==== Material shown

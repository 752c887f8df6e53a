-- ===== src/Monitor.antt =====
-- usb_monitor.c: the monitor of the bus, one call a bit interval. It recovers the levels of D+ and
-- D-, looks for the start and the end of a packet, drops stuffed bits and collects bytes. What it
-- writes to its log file is left out, except for the text of `pid_2data`.
pub mod Report
pub mod Lines
pub mod Collect
pub mod Hear
pub mod Byte
pub mod Packet
use ciexpert_usbdev.Base.{
  ℕ, zero, suc, ◌+◌, ◌-◌, ◌*◌, ◌/◌, ◌%◌, ◌^◌, bit_and, bit_or, Bool, true, false, not, ◌&&◌, ◌||◌,
  Option, none, some, List, [], ◌∷◌, if◌then◌else◌, ◌==◌, ltb, leb, set, has, get_or, u8, u32,
  ◌<<<◌, ◌>>>◌, replicate, assert, ◌>>◌,
}
use ciexpert_usbdev.Usb.{
  d2p_dp, d2p_dp_en, d2p_dn, d2p_dn_en, d2p_d, d2p_d_en, d2p_se0, d2p_tx_use_d_se0, d2p_dnpu,
  d2p_pu, d2p_rx_enable, p2d_dn, p2d_dp, p2d_d, UsbmonDataType, sync, eop, pid, byte,
}
use ciexpert_usbdev.Utils.{bad_pid}

-- usb_monitor_state_t and usbmon_driver_t
pub data MonState : Type 0 where
  ms_idle ms_get_pid ms_get_bytes : MonState

pub data Driver : Type 0 where
  m_none m_host m_device : Driver

-- struct usb_monitor_ctx, without the log file and the registered callback.
pub record Monitor : Type 0 where
  pub state : MonState
  pub driver : Driver
  pub pu : ℕ
  pub line : ℕ
  pub rawbits : ℕ
  pub bits : ℕ
  pub needbits : ℕ
  pub sop_at : ℕ
  pub lastpid : ℕ
  pub byte : ℕ
  pub bytes : List ℕ

abbrev pub mon_bytes_size : ℕ
mon_bytes_size = 1024

-- The monitor once its memory is cleared and its fields are set.
unfoldable pub new_monitor : Monitor
new_monitor = record {
  state = ms_idle;
  driver = m_none;
  pu = 0;
  line = 0;
  rawbits = 0;
  bits = 0;
  needbits = 0;
  sop_at = 0;
  lastpid = 0;
  byte = 0;
  bytes = replicate (mon_bytes_size + 2) 0;
}

-- Whether `calloc` gives memory and `fopen` opens the log file. Without a log file the result is
-- NULL.
unfoldable pub usb_monitor_init : Bool → Bool → Option (Option Monitor)
usb_monitor_init allocated opened = do
  assert allocated
  some (if opened then some new_monitor else none)

-- Who drives the bus, and the levels of D+ and D- before a swap is undone.
unfoldable pub driven_lines : Bool → ℕ → ℕ → Option (Driver × Bool × Bool)
driven_lines hdrive p2d d2p =
    if has d2p d2p_dp_en || has d2p d2p_dn_en || has d2p d2p_d_en
    then (if has d2p d2p_tx_use_d_se0
        then (if has d2p d2p_se0 || not (has d2p d2p_d_en)
            then some (m_device, false, false)
            else some (m_device, has d2p d2p_d, not (has d2p d2p_d)))
        else some
            (m_device, has d2p d2p_dp_en && has d2p d2p_dp, has d2p d2p_dn_en && has d2p d2p_dn))
    else if hdrive
    then (if has d2p d2p_rx_enable
        then (if has p2d (bit_or p2d_dp p2d_dn)
            then some (m_host, has p2d p2d_d, not (has p2d p2d_d))
            else some (m_host, false, false))
        else some (m_host, has p2d p2d_dp, has p2d p2d_dn))
    else none

-- `dp << 1 | dn`, with the pins swapped back.
unfoldable pub line_code : ℕ → Bool → Bool → ℕ
line_code d2p dp dn =
    let a = if dp then 1 else 0 in
    let b = if dn then 1 else 0 in
    if has d2p d2p_dnpu then bit_or (b <<< 1) a else bit_or (a <<< 1) b

abbrev pub Event : Type 0
Event = Option (UsbmonDataType × ℕ)

-- A complete byte. The third component is the caller's `lastpid`.
unfoldable pub complete_byte : Monitor → ℕ → Monitor × Event × ℕ
complete_byte mon lastpid = elim mon.state [
  | ms_idle ↦ (mon, none, lastpid)
  | ms_get_pid ↦
      let d = u8 mon.bits in
      let m = record mon { state = ms_get_bytes; needbits = 8; byte = 0 } in
      if bad_pid d
      then (m, some (pid, d), lastpid)
      else (record m { lastpid = d }, some (pid, d), d)
  | ms_get_bytes ↦
      let d = u8 mon.bits in
      (
        record mon {
          bytes = set mon.bytes mon.byte d;
          needbits = 8;
          byte = if ltb mon.byte mon_bytes_size then u8 (mon.byte + 1) else mon.byte;
        },
        some (byte, d),
        lastpid,
      )
]

-- A bit: dropped if it is a stuffed one, else collected.
unfoldable pub collect_bit : Monitor → ℕ → Monitor × Event × ℕ
unfolding complete_byte
collect_bit mon lastpid =
    let newbit = if bit_and mon.line 0xc >>> 2 == bit_and mon.line 0x3 then 1 else 0 in
    let raw = u32 (bit_or (mon.rawbits <<< 1) newbit) in
    let m = record mon { rawbits = raw } in
    if bit_and raw 0x7e == 0x7e
    then (m, none, lastpid)
    else let need = u32 (mon.needbits + 0xffffffff) in
      let n = record m { bits = bit_or (mon.bits >>> 1) (newbit <<< 7); needbits = need } in
      if need == 0 then complete_byte n lastpid else (n, none, lastpid)

-- The lines have been collected: the start of a packet, its end, or a bit.
unfoldable pub follow_line : Monitor → ℕ → ℕ → Monitor × Event × ℕ
unfolding collect_bit
follow_line mon tick_bits lastpid = elim mon.state [
  | ms_idle ↦
      if bit_and mon.line 0xfff == 0x665
      then (
        record mon { sop_at = tick_bits; state = ms_get_pid; needbits = 8 },
        some (sync, 0),
        lastpid,
      )
      else (mon, none, lastpid)
  | _ ↦
      if bit_and mon.line 0x3f == 0x02
      then (record mon { state = ms_idle }, some (eop, 0), lastpid)
      else collect_bit mon lastpid
]

unfoldable pub usb_monitor : Monitor → ℕ → Bool → ℕ → ℕ → ℕ → Monitor × Event × ℕ
unfolding driven_lines line_code follow_line
usb_monitor mon tick_bits hdrive p2d d2p lastpid = elim (driven_lines hdrive p2d d2p) [
  | none ↦ (record mon { driver = m_none; pu = bit_and d2p d2p_pu; line = 0 }, none, lastpid)
  | some (who, dp, dn) ↦
      follow_line
        (record mon { driver = who; line = u32 (bit_or (mon.line <<< 2) (line_code d2p dp dn)) })
        tick_bits lastpid
]

-- The values of the enumeration.
abbrev pub mon_code : MonState → ℕ
mon_code ms_idle = 0
mon_code ms_get_pid = 1
mon_code ms_get_bytes = 2

unfoldable pub usb_monitor_diags : Monitor → ℕ
usb_monitor_diags mon =
    let diags =
      if ltb 0 mon.byte && leb mon.byte mon_bytes_size
      then bit_or mon.lastpid (get_or mon.bytes (mon.byte - 1) 0 <<< 8)
      else mon.lastpid in
    u32 (bit_or (bit_or diags (mon.needbits <<< 16)) (mon_code mon.state <<< 20))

========

- _Exercise directions_
Every line above should be retyped exactly as given.

- _Solution for this exercise_
repository 752c887f8df6e53a
-- ===== src/Monitor.antt =====
-- usb_monitor.c: the monitor of the bus, one call a bit interval. It recovers the levels of D+ and
-- D-, looks for the start and the end of a packet, drops stuffed bits and collects bytes. What it
-- writes to its log file is left out, except for the text of `pid_2data`.
pub mod Report
pub mod Lines
pub mod Collect
pub mod Hear
pub mod Byte
pub mod Packet
use ciexpert_usbdev.Base.{
  ℕ, zero, suc, ◌+◌, ◌-◌, ◌*◌, ◌/◌, ◌%◌, ◌^◌, bit_and, bit_or, Bool, true, false, not, ◌&&◌, ◌||◌,
  Option, none, some, List, [], ◌∷◌, if◌then◌else◌, ◌==◌, ltb, leb, set, has, get_or, u8, u32,
  ◌<<<◌, ◌>>>◌, replicate, assert, ◌>>◌,
}
use ciexpert_usbdev.Usb.{
  d2p_dp, d2p_dp_en, d2p_dn, d2p_dn_en, d2p_d, d2p_d_en, d2p_se0, d2p_tx_use_d_se0, d2p_dnpu,
  d2p_pu, d2p_rx_enable, p2d_dn, p2d_dp, p2d_d, UsbmonDataType, sync, eop, pid, byte,
}
use ciexpert_usbdev.Utils.{bad_pid}

-- usb_monitor_state_t and usbmon_driver_t
pub data MonState : Type 0 where
  ms_idle ms_get_pid ms_get_bytes : MonState

pub data Driver : Type 0 where
  m_none m_host m_device : Driver

-- struct usb_monitor_ctx, without the log file and the registered callback.
pub record Monitor : Type 0 where
  pub state : MonState
  pub driver : Driver
  pub pu : ℕ
  pub line : ℕ
  pub rawbits : ℕ
  pub bits : ℕ
  pub needbits : ℕ
  pub sop_at : ℕ
  pub lastpid : ℕ
  pub byte : ℕ
  pub bytes : List ℕ

abbrev pub mon_bytes_size : ℕ
mon_bytes_size = 1024

-- The monitor once its memory is cleared and its fields are set.
unfoldable pub new_monitor : Monitor
new_monitor = record {
  state = ms_idle;
  driver = m_none;
  pu = 0;
  line = 0;
  rawbits = 0;
  bits = 0;
  needbits = 0;
  sop_at = 0;
  lastpid = 0;
  byte = 0;
  bytes = replicate (mon_bytes_size + 2) 0;
}

-- Whether `calloc` gives memory and `fopen` opens the log file. Without a log file the result is
-- NULL.
unfoldable pub usb_monitor_init : Bool → Bool → Option (Option Monitor)
usb_monitor_init allocated opened = do
  assert allocated
  some (if opened then some new_monitor else none)

-- Who drives the bus, and the levels of D+ and D- before a swap is undone.
unfoldable pub driven_lines : Bool → ℕ → ℕ → Option (Driver × Bool × Bool)
driven_lines hdrive p2d d2p =
    if has d2p d2p_dp_en || has d2p d2p_dn_en || has d2p d2p_d_en
    then (if has d2p d2p_tx_use_d_se0
        then (if has d2p d2p_se0 || not (has d2p d2p_d_en)
            then some (m_device, false, false)
            else some (m_device, has d2p d2p_d, not (has d2p d2p_d)))
        else some
            (m_device, has d2p d2p_dp_en && has d2p d2p_dp, has d2p d2p_dn_en && has d2p d2p_dn))
    else if hdrive
    then (if has d2p d2p_rx_enable
        then (if has p2d (bit_or p2d_dp p2d_dn)
            then some (m_host, has p2d p2d_d, not (has p2d p2d_d))
            else some (m_host, false, false))
        else some (m_host, has p2d p2d_dp, has p2d p2d_dn))
    else none

-- `dp << 1 | dn`, with the pins swapped back.
unfoldable pub line_code : ℕ → Bool → Bool → ℕ
line_code d2p dp dn =
    let a = if dp then 1 else 0 in
    let b = if dn then 1 else 0 in
    if has d2p d2p_dnpu then bit_or (b <<< 1) a else bit_or (a <<< 1) b

abbrev pub Event : Type 0
Event = Option (UsbmonDataType × ℕ)

-- A complete byte. The third component is the caller's `lastpid`.
unfoldable pub complete_byte : Monitor → ℕ → Monitor × Event × ℕ
complete_byte mon lastpid = elim mon.state [
  | ms_idle ↦ (mon, none, lastpid)
  | ms_get_pid ↦
      let d = u8 mon.bits in
      let m = record mon { state = ms_get_bytes; needbits = 8; byte = 0 } in
      if bad_pid d
      then (m, some (pid, d), lastpid)
      else (record m { lastpid = d }, some (pid, d), d)
  | ms_get_bytes ↦
      let d = u8 mon.bits in
      (
        record mon {
          bytes = set mon.bytes mon.byte d;
          needbits = 8;
          byte = if ltb mon.byte mon_bytes_size then u8 (mon.byte + 1) else mon.byte;
        },
        some (byte, d),
        lastpid,
      )
]

-- A bit: dropped if it is a stuffed one, else collected.
unfoldable pub collect_bit : Monitor → ℕ → Monitor × Event × ℕ
unfolding complete_byte
collect_bit mon lastpid =
    let newbit = if bit_and mon.line 0xc >>> 2 == bit_and mon.line 0x3 then 1 else 0 in
    let raw = u32 (bit_or (mon.rawbits <<< 1) newbit) in
    let m = record mon { rawbits = raw } in
    if bit_and raw 0x7e == 0x7e
    then (m, none, lastpid)
    else let need = u32 (mon.needbits + 0xffffffff) in
      let n = record m { bits = bit_or (mon.bits >>> 1) (newbit <<< 7); needbits = need } in
      if need == 0 then complete_byte n lastpid else (n, none, lastpid)

-- The lines have been collected: the start of a packet, its end, or a bit.
unfoldable pub follow_line : Monitor → ℕ → ℕ → Monitor × Event × ℕ
unfolding collect_bit
follow_line mon tick_bits lastpid = elim mon.state [
  | ms_idle ↦
      if bit_and mon.line 0xfff == 0x665
      then (
        record mon { sop_at = tick_bits; state = ms_get_pid; needbits = 8 },
        some (sync, 0),
        lastpid,
      )
      else (mon, none, lastpid)
  | _ ↦
      if bit_and mon.line 0x3f == 0x02
      then (record mon { state = ms_idle }, some (eop, 0), lastpid)
      else collect_bit mon lastpid
]

unfoldable pub usb_monitor : Monitor → ℕ → Bool → ℕ → ℕ → ℕ → Monitor × Event × ℕ
unfolding driven_lines line_code follow_line
usb_monitor mon tick_bits hdrive p2d d2p lastpid = elim (driven_lines hdrive p2d d2p) [
  | none ↦ (record mon { driver = m_none; pu = bit_and d2p d2p_pu; line = 0 }, none, lastpid)
  | some (who, dp, dn) ↦
      follow_line
        (record mon { driver = who; line = u32 (bit_or (mon.line <<< 2) (line_code d2p dp dn)) })
        tick_bits lastpid
]

-- The values of the enumeration.
abbrev pub mon_code : MonState → ℕ
mon_code ms_idle = 0
mon_code ms_get_pid = 1
mon_code ms_get_bytes = 2

unfoldable pub usb_monitor_diags : Monitor → ℕ
usb_monitor_diags mon =
    let diags =
      if ltb 0 mon.byte && leb mon.byte mon_bytes_size
      then bit_or mon.lastpid (get_or mon.bytes (mon.byte - 1) 0 <<< 8)
      else mon.lastpid in
    u32 (bit_or (bit_or diags (mon.needbits <<< 16)) (mon_code mon.state <<< 20))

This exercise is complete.